Жемчужное ожерелье увеличивается. Вот оно уже скручивается петлями на моих коленях. Не знаю, станет ли это ожерелье подарком.
Нитка заканчивается. Я беру ее начало, соединяю с концом и завязываю в крепкий узел. Теперь эти жемчужины никогда не ударят звонким градом по каменному полу. Хотя – кто знает? Их соединяет всего только навощенная нитка…
В шкатулке остались еще жемчужины. Я зачерпываю их, пересыпаю с ладони на ладонь. Но – просверленные—они молчаливы и тусклы, каждая словно с пятном тайного греха, лишена чистоты и внутреннего покоя.
Ссыпаю жемчужины назад, в шкатулку, туда же кладу только что снизанное ожерелье и закрываю тяжелую крышку. Теперь шкатулка на столике. Как маленький гроб. Отворачиваюсь от окна. Снова крики этих. Они подъезжают к самым кустам шиповника, что-то кричат. Да, действительно, зовут с собой. Интересно, что было бы, если б я однажды вышла к ним. Возможно, они просто отъехали бы от меня, молчаливые и растерянные.
Но я никогда не выйду к этим. Непристойно.
Сегодня не будет крестин.

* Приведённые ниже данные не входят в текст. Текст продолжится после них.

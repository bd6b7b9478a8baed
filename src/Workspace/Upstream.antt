-- ===== src/Workspace/Upstream.antt =====
-- The search of `with_upstream` ends.
pub mod Closed
use jrs.Prelude.{
  ℕ, zero, suc, Bool, true, false, not, ◌&&◌, ◌||◌, ◌==◌, nat_eq, Option, none, some, List, ◌∷◌, [],
  ◌++◌, any, if◌then◌else◌, length, contains, ◌+◌, ◌≤◌, ◌<◌, ◌≡◌, refl, ap, sym, ◌∙◌, arith, All,
  Bool-cases, inl, inr, ◌⊎◌, any-append, length-append,
}
use jrs.Workspace.{Member, modules_of, want, reach}
use jrs.Resolve.Classpath.{Classpath}

-- How many of the first `n` members are not wanted.
unfoldable pub missing : ℕ → List ℕ → ℕ
missing zero wanted = 0
missing (suc n) wanted = (if contains wanted n then 0 else 1) + missing n wanted

missing_above : (n up : ℕ) (wanted : List ℕ) → n ≤ up → missing n (up ∷ wanted) ≡ missing n wanted
unfolding missing
missing_above zero up wanted h = refl
missing_above (suc n) up wanted h = ground (arith, h, missing_above n up wanted (omega (arith, h)))

missing-new :
    (n up : ℕ) (wanted : List ℕ)
    → up < n
    → contains wanted up ≡ false
    → suc (missing n (up ∷ wanted)) ≡ missing n wanted
unfolding missing
missing-new zero up wanted h new = absurd (omega (arith, h))
missing-new (suc n) up wanted h new = elim (Bool-cases (up == n)) [
  | inl last ↦
      let same : up ≡ n = ground (arith, last) in
      let fresh : contains wanted n ≡ false = ap (contains wanted) (sym same) ∙ new in
      rw (last, fresh) (omega (arith, missing_above n up wanted (omega (arith, same))))
  | inr earlier ↦
      let lower : up < n = ground (arith, h, earlier) in
      rw earlier (omega (arith, missing-new n up wanted lower new))
]

abbrev pub Modules : Type 0
Modules = List (ℕ × Classpath)

want_counts :
    (n : ℕ) (s : List ℕ × List ℕ) (es : Modules)
    → All (λ (e : ℕ × Classpath). e.0 < n) es
    → missing n (want s es).0 + length (want s es).1 ≡ missing n s.0 + length s.1
unfolding want
want_counts n s [] inside = refl
want_counts n (wanted, queue) ((up, c) ∷ es) (bound, inside) =
    elim (Bool-cases (contains wanted up)) [
      | inl old ↦ rw old (want_counts n (wanted, queue) es inside)
      | inr new ↦ rw new (
          want_counts n (up ∷ wanted, queue ++ up ∷ []) es inside
          ∙ omega (arith, missing-new n up wanted bound new, length-append queue (up ∷ [])))
    ]

-- Every module of every member is a member.
abbrev pub IsInside : List Member → Type 0
IsInside members =
    (i : ℕ) → All (λ (e : ℕ × Classpath). e.0 < length members) (modules_of members i)

pub reach_ends :
    (f : ℕ) (members : List Member) (wanted queue : List ℕ)
    → IsInside members
    → missing (length members) wanted + length queue ≤ f
    → (found : List ℕ) × (reach f members wanted queue ≡ some found)
unfolding reach
reach_ends f members wanted [] inside h = (wanted, refl)
reach_ends zero members wanted (i ∷ queue) inside h = absurd (omega (arith, h))
reach_ends (suc f) members wanted (i ∷ queue) inside h =
    let (w, q) = want (wanted, queue) (modules_of members i) in
    reach_ends f members w q inside (
      omega
        (arith, h, want_counts (length members) (wanted, queue) (modules_of members i) (inside i)))

pub missing_bound : (n : ℕ) (wanted : List ℕ) → missing n wanted ≤ n
unfolding missing
missing_bound zero wanted = omega arith
missing_bound (suc n) wanted = ground (arith, missing_bound n wanted)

Не будет белого платья с высоким кружевным воротом. Жемчужины останутся похороненными в шкатулке.
Крики стихли. Слышно только, как в вечернем сумраке с ветвей падают крупные капли. Словно ходят на звонких каблучках маленькие человечки.

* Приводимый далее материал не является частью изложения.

-- ===== src/Workspace/Upstream/Closed.antt =====
-- What `with_upstream` reaches: the members it is given and, with each, all that it depends on.
use jrs.Prelude.{
  subst, ℕ, zero, suc, true, false, ◌==◌, nat_eq, some, List, ◌∷◌, [], ◌++◌, length, contains,
  retain, ◌+◌, ◌≡◌, refl, ap, arith, Bool-cases, inl, inr, ◌⊎◌, any-append,
}
use jrs.Workspace.{in_order, Member, Workspace, modules_of, want, reach, with_upstream}
use jrs.Workspace.Upstream.{IsInside, Modules, reach_ends, missing_bound}
use jrs.Resolve.Classpath.{Classpath}

want_keeps :
    (s : List ℕ × List ℕ) (es : Modules) (i : ℕ)
    → contains s.0 i ≡ true
    → contains (want s es).0 i ≡ true
unfolding want
want_keeps s [] i h = h
want_keeps (wanted, queue) ((up, c) ∷ es) i h = elim (Bool-cases (contains wanted up)) [
  | inl old ↦ rw old (want_keeps (wanted, queue) es i h)
  | inr new ↦ rw new (want_keeps (up ∷ wanted, queue ++ up ∷ []) es i (ground (arith, h)))
]

want_queues :
    (s : List ℕ × List ℕ) (es : Modules) (i : ℕ)
    → contains s.1 i ≡ true
    → contains (want s es).1 i ≡ true
unfolding want
want_queues s [] i h = h
want_queues (wanted, queue) ((up, c) ∷ es) i h = elim (Bool-cases (contains wanted up)) [
  | inl old ↦ rw old (want_queues (wanted, queue) es i h)
  | inr new ↦ rw new (
      want_queues (up ∷ wanted, queue ++ up ∷ []) es i
        (ground (arith, h, any-append (λ x. x == i) queue (up ∷ []))))
]

want_new :
    (s : List ℕ × List ℕ) (es : Modules) (i : ℕ)
    → contains (want s es).0 i ≡ true
    → (contains s.0 i ≡ true) ⊎ (contains (want s es).1 i ≡ true)
unfolding want
want_new s [] i h = inl h
want_new (wanted, queue) ((up, c) ∷ es) i h = elim (Bool-cases (contains wanted up)) [
  | inl old ↦ rw old (want_new (wanted, queue) es i (rw old at h))
  | inr new ↦ elim (want_new (up ∷ wanted, queue ++ up ∷ []) es i (rw new at h)) [
    | inr queued ↦ inr (rw new queued)
    | inl added ↦ elim (Bool-cases (up == i)) [
      | inr other ↦ inl (ground (arith, added, other))
      | inl same ↦ inr (
          rw new (
            want_queues (up ∷ wanted, queue ++ up ∷ []) es i
              (ground (arith, same, any-append (λ x. x == i) queue (up ∷ [])))))
    ]
  ]
]

-- Each of the modules is in the list.
abbrev pub HasAll : List ℕ → Modules → Type 0
HasAll wanted [] = Unit {0}
HasAll wanted (e ∷ es) = (contains wanted e.0 ≡ true) × HasAll wanted es

want_old :
    (wanted queue : List ℕ) (up : ℕ) (c : Classpath) (es : Modules)
    → contains wanted up ≡ true
    → want (wanted, queue) es ≡ want (wanted, queue) ((up, c) ∷ es)
unfolding want
want_old wanted queue up c es old = rw old refl

want_fresh :
    (wanted queue : List ℕ) (up : ℕ) (c : Classpath) (es : Modules)
    → contains wanted up ≡ false
    → want (up ∷ wanted, queue ++ up ∷ []) es ≡ want (wanted, queue) ((up, c) ∷ es)
unfolding want
want_fresh wanted queue up c es new = rw new refl

want-HasAll : (s : List ℕ × List ℕ) (es : Modules) → HasAll (want s es).0 es
want-HasAll s [] = tt
want-HasAll (wanted, queue) ((up, c) ∷ es) = elim (Bool-cases (contains wanted up)) [
  | inl old ↦
      subst (λ s. (contains s.0 up ≡ true) × HasAll s.0 es) (want_old wanted queue up c es old)
        (want_keeps (wanted, queue) es up old, want-HasAll (wanted, queue) es)
  | inr new ↦
      subst (λ s. (contains s.0 up ≡ true) × HasAll s.0 es) (want_fresh wanted queue up c es new)
        (
          want_keeps (up ∷ wanted, queue ++ up ∷ []) es up (ground arith),
          want-HasAll (up ∷ wanted, queue ++ up ∷ []) es,
        )
]

HasAll-want : (s : List ℕ × List ℕ) (es ms : Modules) → HasAll s.0 ms → HasAll (want s es).0 ms
HasAll-want s es [] h = tt
HasAll-want s es (m ∷ ms) (a, h) = (want_keeps s es m.0 a, HasAll-want s es ms h)

-- What is wanted and no longer queued has all its modules wanted.
abbrev IsExplored : List Member → List ℕ → List ℕ → Type 0
IsExplored members wanted queue =
    (i : ℕ)
    → contains wanted i ≡ true
    → (contains queue i ≡ true) ⊎ HasAll wanted (modules_of members i)

IsExplored-step :
    (members : List Member) (wanted : List ℕ) (i : ℕ) (queue : List ℕ)
    → IsExplored members wanted (i ∷ queue)
    → IsExplored members
        (want (wanted, queue) (modules_of members i)).0
        (want (wanted, queue) (modules_of members i)).1
IsExplored-step members wanted i queue explored j h =
    elim (want_new (wanted, queue) (modules_of members i) j h) [
      | inr queued ↦ inl queued
      | inl old ↦ elim (explored j old) [
        | inr all_wanted ↦
            inr
              (HasAll-want (wanted, queue) (modules_of members i) (modules_of members j) all_wanted)
        | inl waiting ↦ elim (Bool-cases (i == j)) [
          | inl same ↦
              let is_i : i ≡ j = ground (arith, same) in
              inr (
                subst
                  (λ k.
                    HasAll (want (wanted, queue) (modules_of members i)).0 (modules_of members k))
                  is_i (want-HasAll (wanted, queue) (modules_of members i)))
          | inr other ↦ inl (
              want_queues (wanted, queue) (modules_of members i) j (ground (arith, waiting, other)))
        ]
      ]
    ]

reach_closed :
    (f : ℕ) (members : List Member) (wanted queue found : List ℕ)
    → IsExplored members wanted queue
    → reach f members wanted queue ≡ some found
    → ((i : ℕ) → contains wanted i ≡ true → contains found i ≡ true)
      × ((i : ℕ) → contains found i ≡ true → HasAll found (modules_of members i))
unfolding reach
reach_closed f members wanted [] found explored h =
    let same : wanted ≡ found = ground (arith, h) in
    subst
      (λ l.
        ((i : ℕ) → contains wanted i ≡ true → contains l i ≡ true)
        × ((i : ℕ) → contains l i ≡ true → HasAll l (modules_of members i)))
      same
      (
        λ i e. e,
        λ i e. elim (explored i e) [ inl queued ↦ absurd (ground (arith, queued)) | inr has ↦ has ],
      )
reach_closed zero members wanted (i ∷ queue) found explored h = absurd (ground (arith, h))
reach_closed (suc f) members wanted (i ∷ queue) found explored h =
    let s = want (wanted, queue) (modules_of members i) in
    let (kept, closed) =
      reach_closed f members s.0 s.1 found (IsExplored-step members wanted i queue explored) h in
    (λ j e. kept j (want_keeps (wanted, queue) (modules_of members i) j e), closed)

-- Where every module is a member, a round for each member of the workspace and of the command is
-- enough for `with_upstream`, and what it gives is the members, in build order, that are in a list
-- with all the command's members in it and, with each member in it, all of that member's modules.
pub with_upstream_closed :
    (w : Workspace) (members : List ℕ)
    → IsInside w.members
    → (found : List ℕ) × (with_upstream (length w.members + length members) w members
        ≡ some (retain (λ i. contains found i) w.order))
      × ((i : ℕ) → contains members i ≡ true → contains found i ≡ true)
      × ((i : ℕ) → contains found i ≡ true → HasAll found (modules_of w.members i))
unfolding with_upstream
with_upstream_closed w members inside =
    let (found, ends) =
      reach_ends (length w.members + length members) w.members members members inside
        (omega (arith, missing_bound (length w.members) members)) in
    let (kept, closed) =
      reach_closed (length w.members + length members) w.members members members found
        (λ i e. inl e) ends in
    (found, ap (in_order w) ends, kept, closed)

В такие минуты мне кажется, что мой настоящий день рождения еще не настал.
Но я и не знаю, стоит ли мне рождаться.
ЖЕНИХ ПАННЫ ДАНУСИ
Страшный рассказ
За месяцем месяц идет,
Вот всадник стоит у ворот
Осенней порою ночной:
«Ты помнишь ли, дева мила,
Как прежде меня любила?
Садись на коня со мной!» —
«Мой милый, всегда с тобой!".
Фарфоровые пастух и пастушка прошлись в танце под нежную мелодийку "Ах, мой милый Августин!", и белоснежные фарфоровые же голубки над ними нежно соприкоснулись розовыми клювиками. Часы пробили девять вечера.
Панна Дануся, очаровательная выпускница Мариинской женской гимназии города М*, забросила в сочный ротик очередную порцию изюма. Ах, как скучно... Папуля и мамуля ушли в гости, на дворе сеется мелкий октябрьский дождь, занудливый, как учитель латыни, и нет способа развеяться бедной барышне, ведь приличная обрученная девица не должна бродить в сумерках по местечку в поисках приключений... Одно утешает — завтра Дануся будет петь в хоре Попечительства сторонников трезвости, а после — танцы! Благотворительный базар, и элегантный Генусь из акцизного банка подносит вазочку с конфетами...
Под влиянием сладких грез панна Дануся бросила в ротик еще пригоршню изюма и завертелась на обшитом синим, в розовые цветы бархатом диване, от чего тот жалобно вскрикнул всеми пружинами. «Дануся, Вы настоящая рубенсовская женщина», — говорил преподаватель гимнастики Мариинской женской гимназии господин Самич, когда гимназистка Данута Топтевич никак не попадала в такт с одноклассницами в деле доставания ладонями носков туфелек...
Нет, немногого добились женщины на пути эмансипации! Только что во время французской революции добились права носить трусики...
Прогрессивные раздумья панны Дануси прервал стук в окно.
— Дануся! Открой! Это я, Габрусь!
Красавица подлетела к окну под скрипучий вздох облегчения освобожденного дивана. Действительно — за мокрым стеклом белело вытянутое лицо Данусиного суженого Габруся. Лицо это почему-то всегда напоминало Данусе рабочую поверхность пресс-папье, хотя какая тут могла бы быть ассоциация — разве пресс-папье имеет круглые очки с позолоченными дужками и красные прыщи?
Однако — почему такой неожиданный визит?
— Ты же должен быть на инспекции железной дороги, — прокричала Дануся.
— Я приехал к тебе, моей дорогой невесте, — немного глуховато, но вполне разборчиво произнес Габрусь. — Выходи скорей, покатаешься на моем автомобиле...
Автомобиль! Белое вытянутое лицо Габруся вдруг показалось Данусе очень симпатичным и интеллигентным. Автомобилей в городе М* было пять — жители знали каждый и каждого из их владельцев. Проехаться в шикарном воплощении прогресса — заветная мечта местечковой барышни... Дануся бегом бросилась открывать двери дорогому гостю, на ходу выдергивая из буйных локонов папильотки.
Габрусь был в своей строгой форме чиновника железнодорожной управы. Поверх фуражки он натянул капюшон, так что из всего лица были видны только блестящие очки.